I'm not fond of them either.


----------



## Duncans Donuts (Feb 25, 2007)

I think there is 0 merit in sports specific swiss ball training


----------



## P-funk (Feb 25, 2007)

Duncans Donuts said:


> I think there is 0 merit in sports specific swiss ball training



agree.


----------



## CowPimp (Feb 25, 2007)

I'm surprised to see how doing some of the unstable training there, but he looks like he works out with a lot of intensity and does a good mix of classical lifts as well.


----------



## P-funk (Feb 25, 2007)

CowPimp said:


> I'm surprised to see how doing some of the unstable training there, but he looks like he works out with a lot of intensity and does a good mix of classical lifts as well.

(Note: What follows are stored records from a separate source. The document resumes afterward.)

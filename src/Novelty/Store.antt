-- ===== src/Novelty/Store.antt =====
-- src/novelty.rs: the operations of `NoveltyStore`.
use ct_firehose_filter.Prelude.{
  ℕ, zero, suc, ◌+◌, Bool, true, false, not, ◌&&◌, ◌||◌, Option, none, some, List, [], ◌∷◌, ◌++◌,
  map, filter, length, is_empty, leb, ltb, ◌==◌, max, if◌then◌else◌, is_some, Str, codes, str_eq,
  any, join, sort, trim, to_ascii_lowercase,
}
use ct_firehose_filter.Prelude.Int.{ℤ, pos, pos_part, i64_max, leb_ℤ, saturating_sub, saturate_u32}
use ct_firehose_filter.Event.{MatchEvent}
use ct_firehose_filter.Dates.{Chrono, unix_to_instant}
use ct_firehose_filter.Novelty.Table.{lookup, upsert, update, insert_or_ignore}
use ct_firehose_filter.Novelty.Sql.{
  Degree, Cert, Db, ok, Sql, ◌>>=◌, ◌>>◌, pure, statement, query, in_transaction,
}

abbrev pub field_sep : Str
field_sep = 0x1f ∷ []

abbrev pub join_fields : List Str → Str
join_fields parts = join field_sep parts

abbrev pub join_csv : List Str → Str
join_csv parts = join (codes ",") parts

-- `Vec::dedup`
unfoldable pub dedup : List Str → List Str
dedup [] = []
dedup (x ∷ []) = x ∷ []
dedup (x ∷ y ∷ rest) = let kept = dedup (y ∷ rest) in if str_eq x y then kept else x ∷ kept

unfoldable pub sorted_csv : List Str → Str
unfolding dedup sort join trim
sorted_csv parts =
    join_csv
      (dedup (sort (filter (λ s. not (is_empty s)) (map (λ s. to_ascii_lowercase (trim s)) parts))))

abbrev pub calibrate_started_at : Str
calibrate_started_at = codes "calibrate_started_at"

abbrev pub multi_brand_events_key : Str
multi_brand_events_key = codes "multi_brand_events"

-- A statement that violates no constraint and whose result is not used.
abbrev pub change : (Db → Db) → Sql (Unit {0})
change f = statement (λ db. some (tt, f db))

unfoldable pub run_all : List (Db → Db) → Sql (Unit {0})
run_all [] = pure tt
run_all (f ∷ rest) = change f >> run_all rest

abbrev value_or_zero : Option ℤ → ℤ
value_or_zero none = pos 0
value_or_zero (some n) = n

abbrev pub read_meta : Str → Db → ℤ
read_meta key db = value_or_zero (lookup key db.meta)

unfoldable pub meta_i64 : Str → Sql ℤ
meta_i64 key = query (read_meta key)

abbrev pub partners_of : Option Degree → ℕ
partners_of none = 0
partners_of (some d) = d.partners

abbrev pub events_of : Option Degree → ℕ
events_of none = 0
events_of (some d) = d.events

unfoldable pub partner_degree : Str → Sql ℕ
partner_degree brand = query (λ db. saturate_u32 (partners_of (lookup brand db.brand_degree)))

unfoldable pub event_count : Str → Sql ℕ
event_count brand = query (λ db. saturate_u32 (events_of (lookup brand db.brand_degree)))

unfoldable pub multi_brand_events : Sql ℕ
multi_brand_events = do n ← meta_i64 multi_brand_events_key; pure (pos_part n)

abbrev pub raise_degree : ℕ → Degree → Degree
raise_degree floor d = record { events = max d.events floor; partners = max d.partners floor }

unfoldable pub seed_brand : ℕ → Str → Db → Db
seed_brand floor brand db = record db {
  brand_degree =
      upsert brand (record { events = floor; partners = floor }) (raise_degree floor)
        db.brand_degree;
}

unfoldable pub seed_all : ℕ → List Str → Sql (Unit {0})
seed_all floor [] = pure tt
seed_all floor (raw ∷ rest) =
    let brand = to_ascii_lowercase (trim raw) in
    let later = seed_all floor rest in
    if is_empty brand then later else (change (seed_brand floor brand) >> later)

unfoldable pub seed_degree_floor : List Str → ℕ → Sql (Unit {0})
seed_degree_floor brands floor = if floor == 0 then pure tt else seed_all floor brands

abbrev pub one_more_event : Degree → Degree
one_more_event d = record d { events = d.events + 1 }

unfoldable pub count_event : Str → Db → Db
count_event brand db = record db {
  brand_degree = upsert brand (record { events = 1; partners = 0 }) one_more_event db.brand_degree;
}

abbrev pub has_pair : Str → Str → List (Str × Str) → Bool
has_pair a b pairs = any (λ p. str_eq a p.0 && str_eq b p.1) pairs

unfoldable pub insert_partner : Str → Str → Db → Db
insert_partner a b db = record db {
  brand_partners =
      if has_pair a b db.brand_partners then db.brand_partners else (a, b) ∷ db.brand_partners;
}

-- `SELECT COUNT(*) FROM brand_partners WHERE brand = ?1`
abbrev pub partner_count : Str → Db → ℕ
partner_count brand db = length (filter (λ p. str_eq brand p.0) db.brand_partners)

unfoldable pub refresh_partners : Str → Db → Db
refresh_partners brand db = record db {
  brand_degree =
      update brand (λ d. record d { partners = max d.partners (partner_count brand db) })
        db.brand_degree;
}

abbrev pub one_more : ℤ → ℤ
one_more (pos n) = pos (n + 1)
one_more (ℤ.negsuc zero) = pos 0
one_more (ℤ.negsuc (suc n)) = ℤ.negsuc n

unfoldable pub count_multi_brand : Db → Db
count_multi_brand db = record db { meta = upsert multi_brand_events_key (pos 1) one_more db.meta }

-- The pairs of the two nested loops, the brand itself left out.
unfoldable pub partners_for : Str → List Str → List (Db → Db)
unfolding insert_partner
partners_for a [] = []
partners_for a (b ∷ rest) =
    if str_eq a b then partners_for a rest else insert_partner a b ∷ partners_for a rest

unfoldable pub all_partners : List Str → List Str → List (Db → Db)
unfolding partners_for
all_partners [] brands = []
all_partners (a ∷ rest) brands = partners_for a brands ++ all_partners rest brands

-- The statements between `BEGIN` and `COMMIT`, in their order.
unfoldable pub cooccurrence_statements : List Str → List (Db → Db)
unfolding count_event all_partners refresh_partners count_multi_brand
cooccurrence_statements brands =
    map count_event brands
    ++ (all_partners brands brands ++ (map refresh_partners brands ++ (count_multi_brand ∷ [])))

unfoldable pub record_cooccurrence : List Str → Sql (Unit {0})
record_cooccurrence brands =
    if ltb (length brands) 2
    then pure tt
    else in_transaction (run_all (cooccurrence_statements brands))

unfoldable pub record_appearances : List Str → Sql (Unit {0})
record_appearances brands = run_all (map count_event brands)

-- `i64::try_from(secs).unwrap_or(i64::MAX)`
abbrev i64_of_u64 : ℕ → ℤ
i64_of_u64 n = pos (if leb n i64_max then n else i64_max)

unfoldable pub is_calibrating : ℤ → ℕ → ℕ → Sql Bool
is_calibrating now_unix secs events = if (secs == 0) && (events == 0) then pure false else do
  started ← meta_i64 calibrate_started_at
  let time_ok = (secs == 0) || leb_ℤ (i64_of_u64 secs) (saturating_sub now_unix started)
  events_ok ← (if events == 0 then pure true else do n ← multi_brand_events; pure (leb events n))
  pure (not (time_ok && events_ok))

unfoldable pub new_coalition : Str → ℤ → Db → Bool × Db
unfolding lookup insert_or_ignore
new_coalition key ts db = (
  not (is_some (lookup key db.coalitions)),
  record db { coalitions = insert_or_ignore key ts db.coalitions },
)

unfoldable pub insert_coalition : Str → ℤ → Sql Bool
insert_coalition key ts = statement (λ db. some (new_coalition key ts db))

-- A plain `INSERT`, which fails on a primary key that is there.
unfoldable pub insert_cert : Str → Cert → Db → Option (Unit {0} × Db)
unfolding lookup
insert_cert brands cert db =
    if is_some (lookup brands db.multi_brand_certs)
    then none
    else some (tt, record db { multi_brand_certs = (brands, cert) ∷ db.multi_brand_certs })

-- The clock as one call reads it: `SystemTime::now` in `event_ts`, in `utc_now_instant`, and in
-- `is_calibrating`'s caller.
pub record Clock : Type 0 where
  pub chrono : Chrono
  pub event_now : ℤ
  pub ingest_now : ℤ

unfoldable pub cert_of : Clock → MatchEvent → ℤ → Cert
unfolding sorted_csv unix_to_instant
cert_of clock ev ts = record {
  watchlist_hits = sorted_csv ev.matched_keywords;
  hosts = sorted_csv ev.matched_domains;
  fingerprint = ev.fingerprint;
  seen_at = unix_to_instant clock.chrono ts;
  san_count = ev.san_count;
  ct_log = ev.source;
  ingested_at = unix_to_instant clock.chrono clock.ingest_now;
}

unfoldable pub send_nudge : Bool → Sql Bool
send_nudge true s = (ok true, record s { nudges = s.nudges + 1 })
send_nudge false s = (ok false, s)

-- The closure's part behind the test of `n == 0`.
unfoldable pub capture_row : Clock → List Str → MatchEvent → ℤ → Bool → Sql Bool
capture_row clock brands ev ts false = pure false
capture_row clock brands ev ts true =
    statement (insert_cert (join_csv brands) (cert_of clock ev ts)) >> pure true

unfoldable pub cert_body : Clock → List Str → MatchEvent → ℤ → Sql Bool
cert_body clock brands ev ts = do
  is_new ← insert_coalition (join_fields brands) ts
  capture_row clock brands ev ts is_new

unfoldable pub insert_multi_brand_cert : Clock → List Str → MatchEvent → ℤ → Sql Bool
insert_multi_brand_cert clock brands ev ts = do
  inserted ← in_transaction (cert_body clock brands ev ts)
  send_nudge inserted

abbrev pub has_host : Str → Str → List (Str × Str × ℤ) → Bool
has_host brand host rows = any (λ r. str_eq brand r.0 && str_eq host r.1) rows

unfoldable pub insert_host : Str → Str → ℤ → Sql Bool
insert_host brand host ts = statement λ db. some (
  not (has_host brand host db.hosts),
  record db {
    hosts = if has_host brand host db.hosts then db.hosts else (brand, host, ts) ∷ db.hosts;
  },
)

unfoldable pub multi_brand_cert_count : Sql ℕ
multi_brand_cert_count = query (λ db. length db.multi_brand_certs)

unfoldable pub counts : Sql (ℕ × ℕ)
counts = query (λ db. (length db.coalitions, length db.hosts))

unfoldable pub init_calibrate_started : ℤ → Sql (Unit {0})
init_calibrate_started unix_now =
    change (λ db. record db { meta = insert_or_ignore calibrate_started_at unix_now db.meta })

i read that the little clip is just the tip of the ice berg.  It made up part of his training.  The other stuff is intense heavy lifting.

The DVD is suppose to go into how his trainer set up his program and stuff like that.


----------



## CowPimp (Feb 25, 2007)

P-funk said:


> i read that the little clip is just the tip of the ice berg.  It made up part of his training.  The other stuff is intense heavy lifting.
> 
> The DVD is suppose to go into how his trainer set up his program and stuff like that.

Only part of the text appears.